Considering how powerful AI systems are and the role they increasingly play in making important decisions about our lives, homes and societies, they receive surprisingly little formal oversight.
That’s starting to change, thanks to the thriving field of AI audits. When they work well, these audits allow us to reliably monitor how well a system is working and how we can mitigate potential bias or harm.
It is known that a 2018 audit of commercial facial recognition systems by AI researchers Joy Buolamwini and Timnit Gebru found that the system did not recognize dark-skinned people as well as whites.
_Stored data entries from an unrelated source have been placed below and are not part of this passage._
-- ===== src/Workflows/Runs/Start.antt =====
-- Starting a run under a policy of concurrency.
use mathlib.Core.Path.{subst}
use growth_operator.Workflows.Vars.{Vars}
use growth_operator.Workflows.Run.{Run, Definition, queued, running}
use growth_operator.Workflows.Executor.{Env}
use growth_operator.Workflows.Advance.{drive}
use growth_operator.Workflows.Runs.{
  is_active, is_live, Decision, start, drop, queue, supersede, apply_concurrency, Concurrency,
  key_of, decide, new_run, start_run, TableOp, start_op, signal_op, apply_op, apply_ops,
  concurrency_by, Json, start_by,
}
use growth_operator.Prelude.Counts.{
  filter-append_le, filter-append_eq, filter-none, filter-update_none, filter-update_le,
}
use growth_operator.Workflows.Runs.Narrow.{
  IsNarrow-drive, IsNarrow-on_signal, is_live-idle, key_of_live,
}
use growth_operator.Workflows.Runs.Single.{
  live_count, AtMostOne, IsVacant, AtMostOne-run_in, vacant_of,
}
use growth_operator.Prelude.{
  Option, ◌≡◌, Bool-cases, Bool, refl, inl, inr, none, any, String, ◌||◌, List, some, str_eq, true,
  false, ℕ, arith, ◌∷◌, ◌++◌, ◌∙◌, sym, [], All, update_where,
}
use growth_operator.Workflows.Resume.{on_signal}

-- The policies that the schema allows.
unfoldable pub is_policy : String → Bool
is_policy p = str_eq p "drop" || str_eq p "queue" || str_eq p "replace"

-- A definition has no concurrency, or one of the policies.
abbrev pub HasPolicy : Option Concurrency → Type 0
HasPolicy none = Unit
HasPolicy (some conc) = is_policy conc.policy ≡ true

-- The rows after the decision, and, where a run starts, no live run of its key.
abbrev IsDecided : ℕ → Option String → Decision × List Run → Type 0
IsDecided d key r = AtMostOne r.1 × (r.0 ≡ start → IsVacant d key r.1)

is_live-supersede : (d' : ℕ) (k' : String) (run : Run) → is_live d' k' (supersede run) ≡ false
unfolding supersede is_active
is_live-supersede d' k' run = is_live-idle d' k' (supersede run) refl

not_start-drop : drop ≡ start → ⊥
not_start-drop e = cc

not_start-queue : queue ≡ start → ⊥
not_start-queue e = cc

IsVacant-some :
    (d : ℕ) (key : String) (runs : List Run)
    → live_count d key runs ≡ 0
    → IsVacant d (some key) runs
IsVacant-some d key runs z k e =
    subst (λ (x : String). live_count d x runs ≡ 0) (some-injective e) z
  where
    some-injective : {a b : String} → some a ≡ some b → a ≡ b
    some-injective h = cc

IsDecided-by :
    (live is_drop is_queue is_replace : Bool) (d : ℕ) (key : String) (runs : List Run)
    → any (is_live d key) runs ≡ live
    → is_drop || is_queue || is_replace ≡ true
    → AtMostOne runs
    → IsDecided d (some key) (concurrency_by live is_drop is_queue is_replace d key runs)
unfolding concurrency_by
IsDecided-by false is_drop is_queue is_replace d key runs e known one =
    (one, λ s. IsVacant-some d key runs (filter-none (is_live d key) runs e))
IsDecided-by true true is_queue is_replace d key runs e known one =
    (one, λ s. absurd (not_start-drop s))
IsDecided-by true false true is_replace d key runs e known one =
    (one, λ s. absurd (not_start-queue s))
IsDecided-by true false false true d key runs e known one = (
  λ d' k'. omega (
    arith,
    one d' k',
    filter-update_le (is_live d key) (is_live d' k') supersede runs
        (λ x h. absurd (ground (arith, h, is_live-supersede d' k' x))),
  ),
  λ s.
      IsVacant-some d key (update_where (is_live d key) supersede runs)
        (filter-update_none (is_live d key) supersede runs (λ x h. is_live-supersede d key x)),
)
IsDecided-by true false false false d key runs e known one = absurd (ground (arith, known))

IsDecided-decide :
    (env : Env) (show : Json → String) (conc : Option Concurrency) (d : ℕ) (subject : Vars)
    (runs : List Run)
    → HasPolicy conc
    → AtMostOne runs
    → IsDecided d (key_of env show conc subject) (decide conc d (key_of env show conc subject) runs)
unfolding decide key_of apply_concurrency is_policy
IsDecided-decide env show none d subject runs known one = (one, λ s k e. absurd (ground (arith, e)))
IsDecided-decide env show (some conc) d subject runs known one =
    keyed (key_of env show (some conc) subject)
  where
    keyed : (key : Option String) → IsDecided d key (decide (some conc) d key runs)
    keyed none = (one, λ s k e. absurd (ground (arith, e)))
    keyed (some key) =
        IsDecided-by (any (is_live d key) runs) (str_eq conc.policy "drop")
          (str_eq conc.policy "queue") (str_eq conc.policy "replace") d key runs refl known one

-- A new running run where its key has no live run.
AtMostOne-append :
    (d : ℕ) (key : Option String) (runs : List Run) (run : Run)
    → run.definition.definition_id ≡ d
    → run.concurrency_key ≡ key
    → IsVacant d key runs
    → AtMostOne runs
    → AtMostOne (runs ++ run ∷ [])
AtMostOne-append d key runs run of_d of_key free one d' k' = elim (Bool-cases (is_live d' k' run)) [
  | inr off ↦ omega (arith, one d' k', filter-append_eq (is_live d' k') runs run off)
  | inl on ↦
      let (same_d, (k, at, same_k)) = key_of_live d' k' run on in
      omega (
        arith,
        filter-append_le (is_live d' k') runs run,
        vacant_of d d' k k' runs (sym of_d ∙ same_d) same_k (free k (sym of_key ∙ at)),
      )
]

AtMostOne-start_by :
    (decision : Decision) (env : Env) (id : ℕ) (definition : Definition) (key : Option String)
    (subject : Vars) (runs : List Run)
    → AtMostOne runs
    → (decision ≡ start → IsVacant definition.definition_id key runs)
    → AtMostOne (start_by decision env id definition key subject runs).1
unfolding start_by new_run is_active
AtMostOne-start_by drop env id definition key subject runs one free = one
AtMostOne-start_by queue env id definition key subject runs one free = λ d k.
    let waits = new_run queued id definition key subject in
    omega (arith, one d k, filter-append_eq (is_live d k) runs waits (is_live-idle d k waits refl))
AtMostOne-start_by start env id definition key subject runs one free =
    let run = new_run running id definition key subject in
    AtMostOne-run_in env (drive env) id (runs ++ run ∷ []) (IsNarrow-drive env)
      (AtMostOne-append definition.definition_id key runs run refl refl (free refl) one)

AtMostOne-start_run :
    (env : Env) (show : Json → String) (id : ℕ) (definition : Definition)
    (conc : Option Concurrency) (subject : Vars) (runs : List Run)
    → HasPolicy conc
    → AtMostOne runs
    → AtMostOne (start_run env show id definition conc subject runs).1
unfolding start_run
AtMostOne-start_run env show id definition conc subject runs known one =
    let d = definition.definition_id in
    let key = key_of env show conc subject in
    let decided = IsDecided-decide env show conc d subject runs known one in
    AtMostOne-start_by (decide conc d key runs).0 env id definition key subject
      (decide conc d key runs).1 decided.0 decided.1

-- The starts have a policy that the schema allows.
abbrev pub IsAllowed : TableOp → Type 0
IsAllowed (start_op id definition conc subject) = HasPolicy conc
IsAllowed (signal_op id s) = Unit

AtMostOne-apply_op :
    (env : Env) (show : Json → String) (op : TableOp) (runs : List Run)
    → IsAllowed op
    → AtMostOne runs
    → AtMostOne (apply_op env show op runs)
unfolding apply_op
AtMostOne-apply_op env show (start_op id definition conc subject) runs known one =
    AtMostOne-start_run env show id definition conc subject runs known one
AtMostOne-apply_op env show (signal_op id s) runs known one =
    AtMostOne-run_in env (on_signal env s) id runs (IsNarrow-on_signal env s) one

-- From a table in which each definition has at most one live run for each concurrency key, starts
-- under the policies `drop`, `queue` and `replace`, and signals for runs, with the promotions of queued
-- runs that follow them, lead to a table of which the same holds.
pub apply_ops-AtMostOne :
    (show : Json → String) (ops : List (Env × TableOp)) (runs : List Run)
    → All (λ o. IsAllowed o.1) ops
    → AtMostOne runs
    → AtMostOne (apply_ops show ops runs)
unfolding apply_ops
apply_ops-AtMostOne show [] runs known one = one
apply_ops-AtMostOne show ((env, op) ∷ ops) runs (allowed, known) one =
    apply_ops-AtMostOne show ops (apply_op env show op runs) known
      (AtMostOne-apply_op env show op runs allowed one)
For dark-skinned women, the error rate was up to 34%. As AI researcher Abeba Birhane points out in a new essay in Nature, the audit has “launched a series of critical work that has exposed the bias, discrimination and oppressive nature of facial analysis algorithms.” The hope is that through these kinds of audits on different AI systems, we will be better able to root out problems and have a broader conversation about how AI systems affect our lives.
Supervisors are catching up and that is partly driving the demand for audits. A new law in New York City will require all AI-powered recruiting tools to be checked for bias from January 2024. In the European Union, major tech companies will be required to conduct annual audits of their AI systems from 2024, and the upcoming AI Act will require audits of “risky” AI systems.
It’s a big ambition, but there are some huge obstacles. There is no common understanding of what an AI audit should look like, and there aren’t enough people with the right skills to conduct it. The few audits that take place today are mostly ad hoc and vary widely in quality, Alex Engler, who studies AI governance at the Brookings Institution, told me. One example he gave is from HireVue, an AI hiring company, which suggested in a press release that a third-party audit found that its algorithms are biased. It turned out to be nonsense: The audit hadn’t really examined the company’s models and was subject to a nondisclosure agreement, meaning there was no way to verify what was found. It was essentially nothing more than a PR stunt.
One way the AI community is trying to address the lack of auditors is through bias bounty competitions, which work in a similar way to cybersecurity bug bounties — that is, they call on people to use tools. to identify and reduce algorithmic biases in AI models. One such contest was launched last week, organized by a group of volunteers, including Rumman Chowdhury, Twitter’s ethical leader in AI. The team behind it hopes it will be the first of many.
It’s a good idea to create incentives for people to learn the skills needed to conduct audits — as well as start building standards for what audits should look like by showing which methods work best. You can read more about it here.
The growth of these audits suggests that one day we could see warnings in cigarette packs that AI systems could be harmful to your health and safety. Other industries, such as chemicals and food, have regular audits to ensure products are safe to use. Could something like this become the norm in AI?